# CanaBoo Micro Grow



## jjsunderground (Feb 22, 2008)

cant take it any more. starting this again. still have about 25 select seeds from the bagstrain i dubbed CanaBoo. starting germination today.​


----------



## screwdriver (Feb 22, 2008)

If you plant a seed it will want to grow for you.  good luck:watchplant:


----------



## jjsunderground (Feb 25, 2008)

germinated 10 seeds and got them all in 3 1/2 inch pots. the light im using is a 110 watt 10,000 lumen veg light. waiting for all seeds to break surface before i start day 1. once day 1 is established i will update every week.


----------



## Thorn (Feb 25, 2008)

nice one.. i take it its a decent bagstrain then?


----------



## jjsunderground (Feb 25, 2008)

it was real commercial and bricked up but when you got down in it you could pull out some real nice buds. the quality of the high is great, especially when listening to some good tunes like Puscifer.


----------



## jjsunderground (Feb 26, 2008)

here they are at day one. got ten total. they are growing in miracle grow potting mix, which i had to pre wet before sowing the seeds. ( other wise youll never get all the dry spots ) 

 planning on updating every week. this way you will see a scheduled growth. though in this grow it is likely that these plants will stay in the 3.5 inch pots til flwering phase arrives at week 8 or 9. thte idea im strivng for is to save all females, and one select male. then i will isolate the male and pollinate only one of the females for future grows. im also going to save a female to transplant into an outdoor container sometime in early june. and thats the basic game plan. ​


----------



## jjsunderground (Feb 27, 2008)

heres a shot of over all growth, i will include a pic like this one every week.
the small pot on the idian ashtray is the same strain, but an extra seed. i dont have any room for it above so its down below collecting what light it can from above. any input is welcome. thank you for looking.

 peace!

 oh yeah thats my bubbler bong that i crafted out of a mouse waterer. it works great. its measured 60 ml. hits..lol


----------



## berserker (Feb 27, 2008)

Looks like you are set up and ready for another go around.Good luck  on the ladys.Keep it GREEN


----------



## jjsunderground (Feb 27, 2008)

added a rose bush to re veg. and the old original canaboo plant that turned male finally after 5 months. now hes in my little shrine.​


----------



## jjsunderground (Feb 27, 2008)

ok no more pics for a til next wednesday!​


----------



## Sticky Fingaz (Feb 27, 2008)

man i cant afford to grow weed...i been smokin tea for 2 days. when the time comes i may throw some seeds out near a water source and do a guerilla grow. peace out joseph james!


----------



## jjsunderground (Feb 27, 2008)

lol sticky...im also gonna do a summer grow!


----------



## BeachWeed420 (Feb 27, 2008)

Lookin very nice man.

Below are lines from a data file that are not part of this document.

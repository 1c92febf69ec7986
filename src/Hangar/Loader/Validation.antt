-- ===== src/Hangar/Loader/Validation.antt =====
-- pkg/hangar/loader.go: `validateWorker`.
use mathlib.Core.Option
use mathlib.Core.Path.{fun_ext}
use image_tools.Destination.{Destination, exists}
use image_tools.Destination.Images.{allowed_digests, spec_digests}
use image_tools.Destination.Queries.{manifest_images, image_by_set}
use image_tools.Hangar.Archive.Index.{ImageSpec, Image, mark_specs, has_all}
use image_tools.Hangar.Archive.Index.Digests.{digests, has_all_iff}
use image_tools.Hangar.Loader.{LoaderOptions, load_destination}
use image_tools.Hangar.Loader.Worker.{excludes}
use image_tools.Hangar.Mirrorer.Validation.{has-spec_digests, held_images, yes_iff}
use image_tools.Manifest.{ManifestImage}
use image_tools.Media.{SpecSet, Inspector}
use image_tools.Prelude.{
  ◌≡◌, refl, ap, ◌∙◌, ◌↔◌, inl, inr, Bool, true, false, not, ◌||◌, Option, some, List, [], ◌∷◌,
  arith, if◌then◌else◌, Bool-cases, has, select, All, Result, ok, err, Text,
}
use image_tools.Types.{ImageError}

-- The images of an archived image that the systems and architectures admit.
unfoldable pub admitted_specs : SpecSet → List ImageSpec → List ImageSpec
unfolding select has
admitted_specs set specs =
    select (λ img. not (excludes set.arch img.arch || excludes set.os img.os)) specs

-- The questions to the destination, for the images that are asked for.
unfoldable pub validate_specs :
    SpecSet → Result ImageError Destination → List ImageSpec → Option Bool
unfolding exists image_by_set mark_specs has_all
validate_specs set r [] = some true
validate_specs set (err e) (spec ∷ specs) = some false
validate_specs set (ok d) (spec ∷ specs) =
    if exists d
    then Option.map (λ held. has_all (mark_specs held.images []) (spec ∷ specs))
        (image_by_set d set)
    else some false

-- Whether an archived image passes; `none` is a panic of `ImageBySet`.
unfoldable pub validate_loaded : Inspector → SpecSet → LoaderOptions → Image → Option Bool
unfolding validate_specs admitted_specs load_destination
validate_loaded registry set o image =
    validate_specs set (load_destination registry o image) (admitted_specs set image.images)

held_iff :
    (set : SpecSet) (held : List ImageSpec) (images : List ManifestImage) (specs : List ImageSpec)
    → spec_digests held ≡ allowed_digests set images
    → (has_all (mark_specs held []) specs ≡ true)
      ↔ All (λ spec. has (allowed_digests set images) spec.digest ≡ true) specs
held_iff set held images specs digests =
    let same : has (mark_specs held []) ≡ has (allowed_digests set images) =
      fun_ext (λ k. has-spec_digests held k ∙ ap (λ l. has l k) digests) in
    rw same at (has_all_iff (mark_specs held []) specs)

validate_specs_iff :
    (set : SpecSet) (d : Destination) (images : List ManifestImage) (specs : List ImageSpec)
    → exists d ≡ true
    → manifest_images d ≡ some images
    → (validate_specs set (ok d) specs ≡ some true)
      ↔ All (λ spec. has (allowed_digests set images) spec.digest ≡ true) specs
unfolding validate_specs
validate_specs_iff set d images [] he hd = (λ e. tt, λ h. refl)
validate_specs_iff set d images (spec ∷ specs) he hd =
    let (held, eh, digests) = held_images d set images hd in
    rw (he, eh)
      (yes_iff (has_all (mark_specs held.images []) (spec ∷ specs)) _
        (held_iff set held.images images (spec ∷ specs) digests))

-- The digest of an image stands in a list, if the sets admit its system and its architecture.
abbrev pub IsCovered : SpecSet → List Text → ImageSpec → Type 0
IsCovered set held img =
    excludes set.arch img.arch ≡ false → excludes set.os img.os ≡ false → has held img.digest ≡ true

IsCovered-iff :
    (set : SpecSet) (held : List Text) (specs : List ImageSpec)
    → All (λ spec. has held spec.digest ≡ true) (admitted_specs set specs)
      ↔ All (IsCovered set held) specs
unfolding admitted_specs select
IsCovered-iff set held [] = (λ h. tt, λ h. tt)
IsCovered-iff set held (img ∷ specs) =
    let (to, from) = IsCovered-iff set held specs in
    elim (Bool-cases (excludes set.arch img.arch || excludes set.os img.os)) [
      | inl out ↦ rw out ((λ h. (λ a o. ground arith, to h)), (λ h. from h.1))
      | inr in_sets ↦
          rw in_sets
            ((λ h. (λ a o. h.0, to h.1)), (λ h. (h.0 (ground arith) (ground arith), from h.1)))
    ]

-- The validation of an archived image on a destination that is read without an error, exists and
-- lists its images: it passes exactly when every image of it, if the sets admit its system and its
-- architecture, is among the images of the destination that the sets allow.
pub validate_loaded_iff :
    (registry : Inspector) (set : SpecSet) (o : LoaderOptions) (image : Image) (d : Destination)
    (images : List ManifestImage)
    → load_destination registry o image ≡ ok d
    → exists d ≡ true
    → manifest_images d ≡ some images
    → (validate_loaded registry set o image ≡ some true)
      ↔ All (IsCovered set (allowed_digests set images)) image.images
unfolding validate_loaded
validate_loaded_iff registry set o image d images e he hd =
    let (to, from) = validate_specs_iff set d images (admitted_specs set image.images) he hd in
    let (down, up) = IsCovered-iff set (allowed_digests set images) image.images in
    rw e ((λ h. down (to h)), (λ h. from (up h)))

Thats what im thinking about doing. When I sex my plants I might put em out side. Probaly  end of march. Good luck to ya hope everything goes good!


----------



## Thorn (Feb 28, 2008)

sweet looking good so far...like what you did with the male plant haha wish i'd have thought of that


----------



## 'Fro man (Feb 28, 2008)

:hubba: Looks like a great set up. You've probably done this once or twice!!!  It's really cool following the grow. Nice that you take the time to share with us. 
'Fro


----------



## jjsunderground (Feb 28, 2008)

thanks guys

 having a grow journal is one of the funnest things i have to do. 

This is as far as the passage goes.